An 88-year-old woman was admitted to our hospital because of confusion, sleepiness, dyspnoea and left leg edema, a few days after minor ocular surgery. Clinical examination revealed an elevated blood pressure (190/120 mm Hg), normal heart rate and rhythm, and normal oxygenation. Deviation of the rima oris and dysmetria of the left arm were noted, and the patient was unable to maintain a standing position. No hemorrhagic or ischemic lesions were seen at the first brain CT scan. A 15 × 13 mm arteriovenous malformation was present in the right hemisphere. An ultrasound examination of the lower limb veins demonstrated an uncompressible left femoral and popliteal vein. An EKG showed inverted T waves in V1–V4. Echocardiography detected signs of pulmonary hypertension with dilated right cavities, which allowed a diagnosis of pulmonary embolism in the presence of deep vein thrombosis, and revealed an embolus trapped in a patent foramen ovale (see Fig. 1). The head of this embolus, which was 4.0 cm long, was seen in the left atrium, the tail in right atrium. At each heart contraction, the extremities shook vigorously! The patient was not judged to be a candidate for surgery, and unfractionated heparin was started at a mean infusion rate of 25,000 IU per day. The dose was adjusted by means of aPTT determination in accordance to the De Groot protocol [1].

Fig. 1
figure 1

Thrombus trapped in foramen ovale (arrows)

A second brain CT scan was performed after 5 days, and demonstrated a large left cerebellar infarction, probably caused by paradoxical embolism that occurred before the start of heparin therapy, since neurologic symptoms were present at hospital admission.

Serial echocardiography examinations in the subsequent days revealed a slow but progressive reduction of thrombus dimensions, and after 2 weeks it was no longer visible, and only atrial septum aneurysm was present. During the first week, warfarin therapy was started to bridge the heparin therapy without occurrence of bleeding complications. Neurologic recovery was impressive, and the patient was discharged to a rehabilitation facility in the third week, on oral anticoagulant therapy.
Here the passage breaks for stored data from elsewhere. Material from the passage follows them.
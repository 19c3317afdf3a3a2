-- ===== src/ExpertCache/Untouched.antt =====
-- Planning and promoting leave the queue of launched steps alone.
use vllm_exl3_plugin.Base.{
  ℕ, ◌/◌, ◌%◌, ◌≡◌, inl, inr, refl, ◌∙◌, List, [], ◌∷◌, length, leb, arith, Bool-cases,
  Option-cases,
}
use vllm_exl3_plugin.ExpertCache.State.{Layout, Cache, Launch, Ref}
use vllm_exl3_plugin.ExpertCache.Lru.{victim}
use vllm_exl3_plugin.ExpertCache.Demand.{Demand}
use vllm_exl3_plugin.ExpertCache.Planning.{
  Plan, place, place_all, release, claim, promote, promote_if, learn, plan,
}

module _ (K : Layout) where
  place_queue :
      (p : Plan) (l e : ℕ)
      → ((place K p l e).cache.steps ≡ p.cache.steps) × ((place K p l e).cache.step ≡ p.cache.step)
  unfolding place release claim
  place_queue p l e = elim (Option-cases (victim K p.cache l)) [
    | inl nil ↦ ground arith
    | inr (s, got) ↦ elim (Option-cases (p.cache.owner l s)) [
      | inl free ↦ ground arith
      | inr (old, has) ↦ ground arith
    ]
  ]

  place_all_queue :
      (ds : List Demand) (p : Plan)
      → ((place_all K ds p).cache.steps ≡ p.cache.steps)
        × ((place_all K ds p).cache.step ≡ p.cache.step)
  unfolding place_all
  place_all_queue [] p = (refl, refl)
  place_all_queue (d ∷ ds) p =
      let (a, b) = place_queue p (d.key / K.experts) (d.key % K.experts) in
      let (r, t) = place_all_queue ds (place K p (d.key / K.experts) (d.key % K.experts)) in
      elim (Bool-cases (leb K.budget (length p.issued))) [
        | inl full ↦ rw full (refl, refl)
        | inr room ↦ rw room (r ∙ a, t ∙ b)
      ]

  promote_if_queue :
      (refs : List Ref) (p : Plan)
      → ((promote_if K refs p).steps ≡ p.cache.steps) × ((promote_if K refs p).step ≡ p.cache.step)
  unfolding promote_if promote
  promote_if_queue [] p = (refl, refl)
  promote_if_queue (_ ∷ _) p = (refl, refl)

  pub plan_queue :
      (c : Cache) (launch : Launch)
      → ((plan K c launch).steps ≡ c.steps) × ((plan K c launch).step ≡ c.step)
  unfolding plan learn
  plan_queue c launch =
      let p = place_all K _ (record { cache = learn K c launch; updates = []; issued = [] }) in
      let (a, b) = promote_if_queue p.issued p in
      let (r, t) =
        place_all_queue _ (record { cache = learn K c launch; updates = []; issued = [] }) in
      (a ∙ r, b ∙ t)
In a recent literature review [2], only 93 cases of thrombus trapped in a patent foramen ovale were identified: the mean age of the patients was 58 years. A pulmonary embolism was present in 94% of cases and paradoxical embolism in 44%. Data of 84 patients were available for analysis: 55 were treated surgically, 21 with heparin and 11 with thrombolysis. The mortality rates were 13, 14 and 36%, respectively. Patients treated with heparin were older and had more strokes than the surgical group, whereas patients treated with thrombolysis were more likely to have hemodynamic compromise.

In spite of wide availability of echocardiography, thrombus trapped in a patent foramen ovale is still rarely diagnosed. The choice of treatment is empirical. In our elderly patient, heparin was preferred to thrombolysis since the patient was hemodynamically stable, and had suffered a stroke. Surgery was not considered, both because of the advanced age and because a paradoxical embolism had already occurred. Our case report confirms previous observations that thrombus disappears generally in a few weeks under treatment with heparin and oral anticoagulants.